- Exercise description -
Nothing but the lines from the one containing "repository 195475172685b11e" through the one containing "older [] k = 0", both included, should be given again, each exactly as written below.

Dataset records:
———

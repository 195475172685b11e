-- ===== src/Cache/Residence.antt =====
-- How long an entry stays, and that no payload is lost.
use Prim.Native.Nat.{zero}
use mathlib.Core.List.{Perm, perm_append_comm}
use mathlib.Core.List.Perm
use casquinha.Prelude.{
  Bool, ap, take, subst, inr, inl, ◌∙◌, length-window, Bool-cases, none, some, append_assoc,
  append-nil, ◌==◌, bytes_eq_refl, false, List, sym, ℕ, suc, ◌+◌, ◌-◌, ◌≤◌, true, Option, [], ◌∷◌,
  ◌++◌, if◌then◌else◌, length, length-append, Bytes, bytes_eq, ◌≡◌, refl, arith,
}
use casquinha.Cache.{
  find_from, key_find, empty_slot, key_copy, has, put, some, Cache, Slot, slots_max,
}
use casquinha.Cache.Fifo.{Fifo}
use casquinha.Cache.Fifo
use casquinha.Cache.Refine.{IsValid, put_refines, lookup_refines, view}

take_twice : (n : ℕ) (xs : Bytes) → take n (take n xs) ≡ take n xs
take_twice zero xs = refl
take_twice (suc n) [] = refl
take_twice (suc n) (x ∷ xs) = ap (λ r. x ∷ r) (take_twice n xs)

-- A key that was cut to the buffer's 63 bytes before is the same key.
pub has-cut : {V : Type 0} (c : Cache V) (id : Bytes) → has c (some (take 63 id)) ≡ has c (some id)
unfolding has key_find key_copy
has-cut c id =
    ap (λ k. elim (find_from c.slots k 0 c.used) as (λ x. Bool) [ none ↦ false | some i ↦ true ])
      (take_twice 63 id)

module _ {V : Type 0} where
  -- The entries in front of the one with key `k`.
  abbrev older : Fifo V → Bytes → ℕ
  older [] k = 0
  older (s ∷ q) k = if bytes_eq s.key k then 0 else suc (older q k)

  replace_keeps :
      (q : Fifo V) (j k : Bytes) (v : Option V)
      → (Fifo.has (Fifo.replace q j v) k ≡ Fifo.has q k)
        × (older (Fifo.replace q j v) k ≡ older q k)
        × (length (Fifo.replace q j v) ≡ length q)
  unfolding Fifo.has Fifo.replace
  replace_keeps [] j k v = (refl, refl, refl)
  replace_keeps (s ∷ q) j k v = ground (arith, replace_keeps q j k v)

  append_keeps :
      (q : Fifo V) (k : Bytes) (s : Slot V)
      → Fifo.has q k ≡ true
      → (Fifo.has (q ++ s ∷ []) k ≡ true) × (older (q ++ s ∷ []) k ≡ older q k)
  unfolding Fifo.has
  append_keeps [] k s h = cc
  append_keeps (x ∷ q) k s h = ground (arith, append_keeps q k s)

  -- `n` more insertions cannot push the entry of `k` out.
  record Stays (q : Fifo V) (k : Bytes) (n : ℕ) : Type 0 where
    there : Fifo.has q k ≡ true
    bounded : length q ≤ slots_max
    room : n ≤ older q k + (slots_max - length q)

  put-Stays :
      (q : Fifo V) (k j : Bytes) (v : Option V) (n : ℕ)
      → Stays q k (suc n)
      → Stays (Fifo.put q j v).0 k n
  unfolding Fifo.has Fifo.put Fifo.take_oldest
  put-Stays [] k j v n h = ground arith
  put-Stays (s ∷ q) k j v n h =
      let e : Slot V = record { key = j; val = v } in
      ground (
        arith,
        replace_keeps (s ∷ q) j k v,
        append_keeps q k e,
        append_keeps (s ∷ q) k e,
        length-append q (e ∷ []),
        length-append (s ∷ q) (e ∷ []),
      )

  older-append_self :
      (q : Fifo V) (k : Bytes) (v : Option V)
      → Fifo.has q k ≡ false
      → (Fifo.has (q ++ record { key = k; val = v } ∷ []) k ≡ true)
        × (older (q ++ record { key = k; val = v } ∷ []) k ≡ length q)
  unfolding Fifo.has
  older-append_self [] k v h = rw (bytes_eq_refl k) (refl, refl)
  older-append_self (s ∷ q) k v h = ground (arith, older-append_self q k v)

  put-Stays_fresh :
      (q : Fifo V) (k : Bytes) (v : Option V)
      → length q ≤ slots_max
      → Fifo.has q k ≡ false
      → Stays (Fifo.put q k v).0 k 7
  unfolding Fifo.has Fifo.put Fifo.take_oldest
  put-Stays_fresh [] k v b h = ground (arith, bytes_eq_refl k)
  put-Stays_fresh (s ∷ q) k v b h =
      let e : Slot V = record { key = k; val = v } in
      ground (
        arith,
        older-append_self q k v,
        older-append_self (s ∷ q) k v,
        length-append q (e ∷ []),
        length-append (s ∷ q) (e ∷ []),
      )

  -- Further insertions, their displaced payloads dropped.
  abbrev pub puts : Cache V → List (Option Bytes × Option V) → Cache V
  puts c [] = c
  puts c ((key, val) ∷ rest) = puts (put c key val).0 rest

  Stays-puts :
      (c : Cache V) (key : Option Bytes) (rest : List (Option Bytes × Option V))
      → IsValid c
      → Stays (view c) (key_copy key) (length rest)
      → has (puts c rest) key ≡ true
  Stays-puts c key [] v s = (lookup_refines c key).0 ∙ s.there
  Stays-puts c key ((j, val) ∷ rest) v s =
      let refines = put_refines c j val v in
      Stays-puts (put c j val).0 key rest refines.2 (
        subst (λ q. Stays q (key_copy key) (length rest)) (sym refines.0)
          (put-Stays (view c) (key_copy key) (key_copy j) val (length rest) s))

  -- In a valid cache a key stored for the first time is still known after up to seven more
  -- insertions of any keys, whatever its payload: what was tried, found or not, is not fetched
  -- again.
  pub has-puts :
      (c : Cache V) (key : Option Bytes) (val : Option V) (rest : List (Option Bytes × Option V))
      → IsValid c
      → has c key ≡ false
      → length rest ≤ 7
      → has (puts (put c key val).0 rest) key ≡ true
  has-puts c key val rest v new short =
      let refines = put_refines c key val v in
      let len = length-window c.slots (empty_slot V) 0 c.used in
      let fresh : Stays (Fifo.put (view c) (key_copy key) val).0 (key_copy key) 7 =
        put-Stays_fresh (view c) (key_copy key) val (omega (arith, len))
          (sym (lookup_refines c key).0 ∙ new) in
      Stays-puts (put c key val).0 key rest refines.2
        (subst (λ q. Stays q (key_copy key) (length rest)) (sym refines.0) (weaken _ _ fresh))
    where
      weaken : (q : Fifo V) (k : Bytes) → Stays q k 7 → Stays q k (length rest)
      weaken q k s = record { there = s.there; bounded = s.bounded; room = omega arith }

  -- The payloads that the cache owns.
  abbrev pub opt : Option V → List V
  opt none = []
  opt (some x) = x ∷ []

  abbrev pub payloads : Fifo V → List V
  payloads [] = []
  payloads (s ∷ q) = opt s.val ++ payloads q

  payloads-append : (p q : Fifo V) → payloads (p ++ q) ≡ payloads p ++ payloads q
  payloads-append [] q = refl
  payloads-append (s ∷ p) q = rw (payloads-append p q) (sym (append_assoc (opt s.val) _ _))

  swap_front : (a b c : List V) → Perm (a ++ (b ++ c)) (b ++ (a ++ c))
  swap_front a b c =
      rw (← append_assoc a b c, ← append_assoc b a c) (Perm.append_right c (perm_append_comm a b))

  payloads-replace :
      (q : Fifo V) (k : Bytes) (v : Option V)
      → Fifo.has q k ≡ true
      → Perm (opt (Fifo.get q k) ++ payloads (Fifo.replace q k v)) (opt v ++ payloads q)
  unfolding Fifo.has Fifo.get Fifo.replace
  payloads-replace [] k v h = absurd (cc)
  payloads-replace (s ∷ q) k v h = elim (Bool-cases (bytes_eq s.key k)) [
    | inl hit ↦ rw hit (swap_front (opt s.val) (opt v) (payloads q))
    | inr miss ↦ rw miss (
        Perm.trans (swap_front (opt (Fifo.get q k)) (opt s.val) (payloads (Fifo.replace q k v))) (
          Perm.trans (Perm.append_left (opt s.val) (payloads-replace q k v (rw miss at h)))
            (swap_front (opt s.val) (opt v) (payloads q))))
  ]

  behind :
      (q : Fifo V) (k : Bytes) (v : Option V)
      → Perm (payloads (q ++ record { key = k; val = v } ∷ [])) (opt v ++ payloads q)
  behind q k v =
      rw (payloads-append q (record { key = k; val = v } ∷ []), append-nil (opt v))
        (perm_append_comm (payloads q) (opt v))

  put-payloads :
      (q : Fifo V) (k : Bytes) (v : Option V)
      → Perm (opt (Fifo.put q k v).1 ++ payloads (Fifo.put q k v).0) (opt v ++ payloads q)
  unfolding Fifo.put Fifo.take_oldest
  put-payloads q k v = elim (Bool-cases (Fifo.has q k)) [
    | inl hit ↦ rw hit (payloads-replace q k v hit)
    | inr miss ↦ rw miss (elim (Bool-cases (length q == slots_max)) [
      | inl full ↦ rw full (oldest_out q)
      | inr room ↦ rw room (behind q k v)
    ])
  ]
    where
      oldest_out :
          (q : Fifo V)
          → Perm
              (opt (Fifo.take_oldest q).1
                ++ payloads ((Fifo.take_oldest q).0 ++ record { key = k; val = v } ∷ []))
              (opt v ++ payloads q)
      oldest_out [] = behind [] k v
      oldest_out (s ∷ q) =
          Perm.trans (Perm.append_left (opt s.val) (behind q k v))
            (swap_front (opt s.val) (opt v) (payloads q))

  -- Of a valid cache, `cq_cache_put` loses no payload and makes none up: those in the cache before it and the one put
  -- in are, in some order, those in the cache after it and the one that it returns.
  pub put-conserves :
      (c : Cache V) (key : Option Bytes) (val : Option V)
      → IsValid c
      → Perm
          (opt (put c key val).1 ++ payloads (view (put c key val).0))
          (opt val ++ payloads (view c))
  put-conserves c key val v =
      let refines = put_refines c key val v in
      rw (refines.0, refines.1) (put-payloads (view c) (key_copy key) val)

———

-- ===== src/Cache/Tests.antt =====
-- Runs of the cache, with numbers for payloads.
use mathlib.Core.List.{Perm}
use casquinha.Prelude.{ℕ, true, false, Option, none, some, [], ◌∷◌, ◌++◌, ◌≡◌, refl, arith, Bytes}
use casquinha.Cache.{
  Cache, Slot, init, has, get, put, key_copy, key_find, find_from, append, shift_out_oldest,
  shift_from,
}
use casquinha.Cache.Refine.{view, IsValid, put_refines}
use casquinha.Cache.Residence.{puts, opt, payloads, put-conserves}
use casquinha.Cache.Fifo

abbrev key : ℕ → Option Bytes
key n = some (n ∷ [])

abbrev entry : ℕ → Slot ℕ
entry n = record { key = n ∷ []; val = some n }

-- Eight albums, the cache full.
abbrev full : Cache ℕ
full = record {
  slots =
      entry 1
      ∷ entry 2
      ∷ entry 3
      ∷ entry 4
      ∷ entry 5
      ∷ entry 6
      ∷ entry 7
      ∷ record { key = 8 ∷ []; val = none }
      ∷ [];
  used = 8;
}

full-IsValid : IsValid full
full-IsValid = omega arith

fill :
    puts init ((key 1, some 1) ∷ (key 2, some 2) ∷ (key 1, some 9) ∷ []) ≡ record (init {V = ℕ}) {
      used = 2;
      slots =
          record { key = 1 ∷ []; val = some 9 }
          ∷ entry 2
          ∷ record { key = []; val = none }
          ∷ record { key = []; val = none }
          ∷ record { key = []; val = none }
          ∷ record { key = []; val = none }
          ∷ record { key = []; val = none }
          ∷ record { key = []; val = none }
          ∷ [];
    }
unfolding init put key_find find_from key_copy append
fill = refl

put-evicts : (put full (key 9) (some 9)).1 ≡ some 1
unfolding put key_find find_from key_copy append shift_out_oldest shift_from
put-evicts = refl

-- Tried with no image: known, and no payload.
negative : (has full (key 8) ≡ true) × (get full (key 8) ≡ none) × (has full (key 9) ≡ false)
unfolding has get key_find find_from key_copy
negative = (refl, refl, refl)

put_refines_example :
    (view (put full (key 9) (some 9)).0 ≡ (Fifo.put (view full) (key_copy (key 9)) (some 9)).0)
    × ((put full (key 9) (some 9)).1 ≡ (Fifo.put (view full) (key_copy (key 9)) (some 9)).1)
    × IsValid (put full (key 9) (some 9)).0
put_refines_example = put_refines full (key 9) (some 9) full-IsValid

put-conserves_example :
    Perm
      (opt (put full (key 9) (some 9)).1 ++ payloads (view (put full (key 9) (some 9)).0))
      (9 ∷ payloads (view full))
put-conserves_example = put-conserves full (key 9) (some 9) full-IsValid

———

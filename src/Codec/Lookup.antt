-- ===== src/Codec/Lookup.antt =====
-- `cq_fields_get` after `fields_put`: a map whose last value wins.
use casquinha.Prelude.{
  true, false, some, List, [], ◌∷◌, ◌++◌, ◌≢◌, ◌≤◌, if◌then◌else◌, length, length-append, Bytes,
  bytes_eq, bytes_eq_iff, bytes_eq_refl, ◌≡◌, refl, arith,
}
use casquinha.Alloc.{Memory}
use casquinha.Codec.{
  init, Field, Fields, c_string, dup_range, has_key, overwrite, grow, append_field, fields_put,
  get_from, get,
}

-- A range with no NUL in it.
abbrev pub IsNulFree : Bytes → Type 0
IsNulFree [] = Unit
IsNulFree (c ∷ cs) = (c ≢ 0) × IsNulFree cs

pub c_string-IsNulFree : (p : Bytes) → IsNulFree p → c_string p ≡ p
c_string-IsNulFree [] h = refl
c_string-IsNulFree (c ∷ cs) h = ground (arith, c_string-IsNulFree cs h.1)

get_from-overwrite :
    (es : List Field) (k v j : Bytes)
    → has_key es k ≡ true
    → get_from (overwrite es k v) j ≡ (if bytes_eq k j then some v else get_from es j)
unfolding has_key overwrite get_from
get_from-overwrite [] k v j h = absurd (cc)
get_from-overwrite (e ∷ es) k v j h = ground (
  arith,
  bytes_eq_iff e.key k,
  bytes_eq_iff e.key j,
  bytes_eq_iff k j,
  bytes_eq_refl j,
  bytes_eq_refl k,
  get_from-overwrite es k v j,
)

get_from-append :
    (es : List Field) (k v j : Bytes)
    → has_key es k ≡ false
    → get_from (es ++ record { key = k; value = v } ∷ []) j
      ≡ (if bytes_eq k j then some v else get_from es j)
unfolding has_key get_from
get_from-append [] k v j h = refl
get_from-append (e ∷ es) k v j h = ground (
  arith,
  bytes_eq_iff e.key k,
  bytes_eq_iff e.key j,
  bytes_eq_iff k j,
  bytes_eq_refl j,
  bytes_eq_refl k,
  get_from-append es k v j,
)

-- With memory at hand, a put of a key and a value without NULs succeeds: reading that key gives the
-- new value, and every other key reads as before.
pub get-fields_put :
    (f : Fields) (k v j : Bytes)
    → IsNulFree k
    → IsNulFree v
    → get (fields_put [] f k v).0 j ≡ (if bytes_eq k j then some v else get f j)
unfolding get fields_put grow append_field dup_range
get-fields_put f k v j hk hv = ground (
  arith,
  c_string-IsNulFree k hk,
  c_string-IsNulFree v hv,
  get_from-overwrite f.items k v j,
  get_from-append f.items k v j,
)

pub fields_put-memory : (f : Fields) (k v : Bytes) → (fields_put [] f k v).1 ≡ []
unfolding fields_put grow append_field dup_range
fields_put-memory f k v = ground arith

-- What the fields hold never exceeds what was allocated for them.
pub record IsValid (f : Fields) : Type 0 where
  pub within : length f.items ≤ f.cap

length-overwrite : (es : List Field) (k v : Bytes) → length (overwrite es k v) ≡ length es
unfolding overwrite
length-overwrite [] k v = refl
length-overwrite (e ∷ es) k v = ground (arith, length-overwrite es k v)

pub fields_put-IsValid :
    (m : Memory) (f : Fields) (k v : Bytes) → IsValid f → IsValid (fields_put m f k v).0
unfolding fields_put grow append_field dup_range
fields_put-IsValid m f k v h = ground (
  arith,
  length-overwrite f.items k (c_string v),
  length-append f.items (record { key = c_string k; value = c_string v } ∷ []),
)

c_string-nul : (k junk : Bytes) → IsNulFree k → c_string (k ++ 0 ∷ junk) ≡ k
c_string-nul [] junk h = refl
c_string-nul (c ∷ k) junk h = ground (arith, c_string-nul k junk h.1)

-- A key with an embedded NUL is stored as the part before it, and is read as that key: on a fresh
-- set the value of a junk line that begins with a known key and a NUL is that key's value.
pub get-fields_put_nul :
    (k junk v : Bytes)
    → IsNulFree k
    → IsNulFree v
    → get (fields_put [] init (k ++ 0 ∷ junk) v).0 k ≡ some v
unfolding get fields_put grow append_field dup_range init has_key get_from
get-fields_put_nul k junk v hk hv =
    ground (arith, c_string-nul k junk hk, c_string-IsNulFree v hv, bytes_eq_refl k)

———

- Response to this task -
repository 195475172685b11e
-- ===== src/Cache/Residence.antt =====
-- How long an entry stays, and that no payload is lost.
use Prim.Native.Nat.{zero}
use mathlib.Core.List.{Perm, perm_append_comm}
use mathlib.Core.List.Perm
use casquinha.Prelude.{
  Bool, ap, take, subst, inr, inl, ◌∙◌, length-window, Bool-cases, none, some, append_assoc,
  append-nil, ◌==◌, bytes_eq_refl, false, List, sym, ℕ, suc, ◌+◌, ◌-◌, ◌≤◌, true, Option, [], ◌∷◌,
  ◌++◌, if◌then◌else◌, length, length-append, Bytes, bytes_eq, ◌≡◌, refl, arith,
}
use casquinha.Cache.{
  find_from, key_find, empty_slot, key_copy, has, put, some, Cache, Slot, slots_max,
}
use casquinha.Cache.Fifo.{Fifo}
use casquinha.Cache.Fifo
use casquinha.Cache.Refine.{IsValid, put_refines, lookup_refines, view}

take_twice : (n : ℕ) (xs : Bytes) → take n (take n xs) ≡ take n xs
take_twice zero xs = refl
take_twice (suc n) [] = refl
take_twice (suc n) (x ∷ xs) = ap (λ r. x ∷ r) (take_twice n xs)

-- A key that was cut to the buffer's 63 bytes before is the same key.
pub has-cut : {V : Type 0} (c : Cache V) (id : Bytes) → has c (some (take 63 id)) ≡ has c (some id)
unfolding has key_find key_copy
has-cut c id =
    ap (λ k. elim (find_from c.slots k 0 c.used) as (λ x. Bool) [ none ↦ false | some i ↦ true ])
      (take_twice 63 id)

module _ {V : Type 0} where
  -- The entries in front of the one with key `k`.
  abbrev older : Fifo V → Bytes → ℕ
  older [] k = 0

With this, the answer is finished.